具体的に、燃料ガスと空気を混ぜた混合気を着火させたときにLIBS分光分析法で計測される上記ピーク強度の比率と、周知のラムダ計を用いて実際に計測した混合気の当量比との関係を予め見出しておき、この関係を参照テーブルとして演算部18は記憶しておく。演算部18は、記憶した参照テーブルを用いて、エンジン10の各着火時に得られる上記比率から、各着火における当量比を算出する。
【0026】
図3は、燃料ガスの流量を変化させることにより当量比を変化させてエンジン10で燃焼させたとき、演算部18において算出される当量比と燃料ガスの流量との関係を示す図である。図3からわかるように、演算部18において算出される当量比(図中、□で示される値)は、燃料ガスの流量を変化させることにより変化する当量比に対応して変化していることがわかる。これより、演算部18において算出される当量比は妥当な結果を示すといえる。

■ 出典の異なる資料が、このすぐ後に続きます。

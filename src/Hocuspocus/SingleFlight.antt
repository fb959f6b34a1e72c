-- ===== src/Hocuspocus/SingleFlight.antt =====
-- Loads of one document do not overlap, whatever the schedule.
use hocuspocu_rs.Base.{
  ℕ, ◌≡◌, ◌≢◌, Bool-cases, refl, inl, inr, List, [], ◌∷◌, Option, none, some, Str, get, get-insert,
  get-remove, bytes_eq, bytes_eq_iff, ==_iff, if◌then◌else◌, arith,
}
use hocuspocu_rs.Hocuspocus.Loading.{
  Call, check, seek, await_other, check_again, start, await_racer, check_racer, load, settle,
  publish, clear, returned, Tables, Server, Event, move, unload, Loaded, begin, raced, after_settle,
  advance, step, run, initial, put,
}

-- The document that a call is loading: it has entered its lock and not removed it yet.
abbrev pub holding : Call → Option Str
holding (load name _) = some name
holding (settle name _ _) = some name
holding (publish name _) = some name
holding (clear name _) = some name
holding _ = none

-- Every load has its entry in `loading_documents`, and no two calls load one document.
record IsExclusive (s : Server) : Type 0 where
  entered :
      (i : ℕ) (name : Str) → holding (s.calls i) ≡ some name → get name s.tables.loading ≢ none
  alone :
      (i j : ℕ) (name : Str)
      → holding (s.calls i) ≡ some name
      → holding (s.calls j) ≡ some name
      → i ≡ j

-- What a step of a call may do to its hold, and to `loading_documents`.
data Change (before after : Call) (t u : Tables) : Type 0 where
  keeps : holding after ≡ holding before → u.loading ≡ t.loading → Change before after t u
  begins :
      (name : Str)
      → holding before ≡ none
      → holding after ≡ some name
      → get name t.loading ≡ none
      → ((other : Str)
          → get other u.loading
            ≡ (if bytes_eq name other then some t.next_lock else get other t.loading))
      → Change before after t u
  ends :
      (name : Str)
      → holding before ≡ some name
      → holding after ≡ none
      → ((other : Str)
          → get other u.loading ≡ (if bytes_eq name other then none else get other t.loading))
      → Change before after t u

begin-Change :
    (r : Loaded) (name : Str) (t : Tables) (o : Option ℕ)
    → get name t.loading ≡ o
    → Change (start name) (begin name t o).0 t (begin name t o).1
begin-Change r name t none e = begins name refl refl e (λ other. get-insert name other _ _)
begin-Change r name t (some lock) e = keeps refl refl

raced-Change :
    (name : Str) (lock : ℕ) (t : Tables) (o : Option Loaded)
    → Change (await_racer name lock) (raced name lock t o).0 t (raced name lock t o).1
raced-Change name lock t none = keeps refl refl
raced-Change name lock t (some result) = keeps refl refl

settled-holding : (name : Str) (r : Loaded) → holding (after_settle name r) ≡ some name
settled-holding name (inl e) = refl
settled-holding name (inr doc) = refl

advance-Change :
    (r : Loaded) (c : Call) (t : Tables) → Change c (advance r c t).0 t (advance r c t).1
unfolding advance
advance-Change r (check name) t = keeps (ground arith) refl
advance-Change r (seek name) t = keeps (ground arith) refl
advance-Change r (await_other name lock) t = elim (Bool-cases (t.held lock)) [
  | inl busy ↦ rw busy (keeps refl refl)
  | inr free ↦ rw free (keeps (ground arith) refl)
]
advance-Change r (check_again name) t = keeps (ground arith) refl
advance-Change r (start name) t = begin-Change r name t _ refl
advance-Change r (await_racer name lock) t = elim (Bool-cases (t.held lock)) [
  | inl busy ↦ rw busy (keeps refl refl)
  | inr free ↦ rw free (raced-Change name lock t (t.locks lock))
]
advance-Change r (check_racer name lock) t = keeps (ground arith) refl
advance-Change r (load name lock) t = keeps refl refl
advance-Change r (settle name lock result) t = elim (Bool-cases (t.held lock)) [
  | inl busy ↦ rw busy (keeps refl refl)
  | inr free ↦ rw free (keeps (settled-holding name result) refl)
]
advance-Change r (publish name doc) t = keeps refl refl
advance-Change r (clear name result) t = ends name refl refl (λ other. get-remove name other _)
advance-Change r (returned result) t = keeps refl refl

module _ (s : Server) (i : ℕ) (c : Call) (t : Tables) (inv : IsExclusive s) where
  put-entered :
      (k : ℕ) (name : Str)
      → Change (s.calls i) c s.tables t
      → holding ((put i s (c, t)).calls k) ≡ some name
      → get name t.loading ≢ none
  put-entered k name (keeps e l) h =
      ground (arith, ==_iff i k, inv.entered i name, inv.entered k name)
  put-entered k name (begins new e e' free l) h =
      ground (arith, ==_iff i k, l name, bytes_eq_iff new name, inv.entered k name)
  put-entered k name (ends old e e' l) h =
      ground
        (arith, ==_iff i k, l name, bytes_eq_iff old name, inv.entered k name, inv.alone i k name)

  put-alone :
      (k j : ℕ) (name : Str)
      → Change (s.calls i) c s.tables t
      → holding ((put i s (c, t)).calls k) ≡ some name
      → holding ((put i s (c, t)).calls j) ≡ some name
      → k ≡ j
  put-alone k j name (keeps e l) h g =
      ground
        (arith, ==_iff i k, ==_iff i j, inv.alone k j name, inv.alone i j name, inv.alone k i name)
  put-alone k j name (begins new e e' free l) h g =
      ground
        (arith, ==_iff i k, ==_iff i j, inv.alone k j name, inv.entered k name, inv.entered j name)
  put-alone k j name (ends old e e' l) h g =
      ground (arith, ==_iff i k, ==_iff i j, inv.alone k j name)

step-IsExclusive : (e : Event) (s : Server) → IsExclusive s → IsExclusive (step e s)
unfolding step
step-IsExclusive (move i r) s inv =
    let change = advance-Change r (s.calls i) s.tables in
    record {
      entered = λ k name. put-entered s i _ _ inv k name change;
      alone = λ k j name. put-alone s i _ _ inv k j name change;
    }
step-IsExclusive (unload name) s inv = record { entered = inv.entered; alone = inv.alone }

run-IsExclusive :
    (schedule : List Event) (s : Server) → IsExclusive s → IsExclusive (run schedule s)
unfolding run
run-IsExclusive [] s inv = inv
run-IsExclusive (e ∷ schedule) s inv =
    run-IsExclusive schedule (step e s) (step-IsExclusive e s inv)

initial-IsExclusive : (names : ℕ → Str) → IsExclusive (initial names)
unfolding initial
initial-IsExclusive names = record { entered = λ i name h. cc; alone = λ i j name h g. cc }

-- Whatever the calls ask for and however they interleave with one another and with unloading, a
-- document that one call is loading is not being loaded by another.
pub run-single_flight :
    (names : ℕ → Str) (schedule : List Event) (i j : ℕ) (name : Str)
    → i ≢ j
    → holding ((run schedule (initial names)).calls i) ≡ some name
    → holding ((run schedule (initial names)).calls j) ≢ some name
run-single_flight names schedule i j name apart hi hj =
    let inv = run-IsExclusive schedule (initial names) (initial-IsExclusive names) in
    apart (inv.alone i j name hi hj)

このように算出された当量比は、図示されない混合装置によって空気と燃料ガスとの当量比の調整に用いられることができる。すなわち、演算部18の当量比の算出結果に応じて、混合装置の調整を行うように制御信号を混合装置に送る。なお、図3中の縦棒で示されるエラーバーは、当量比を500回算出して統計的にその平均値から1σ(σ:標準偏差)外れたものを除外した約300回分のばらつきに基づく標準偏差を示している。この当量比のばらつきは、着火時、着火の状態が異なることを示している。なお、当量比がばらつくことは、レーザ光による着火が極めて狭い範囲の位置で発生するが、この位置における混合気の混合状態が均一でないことに依拠するといえる。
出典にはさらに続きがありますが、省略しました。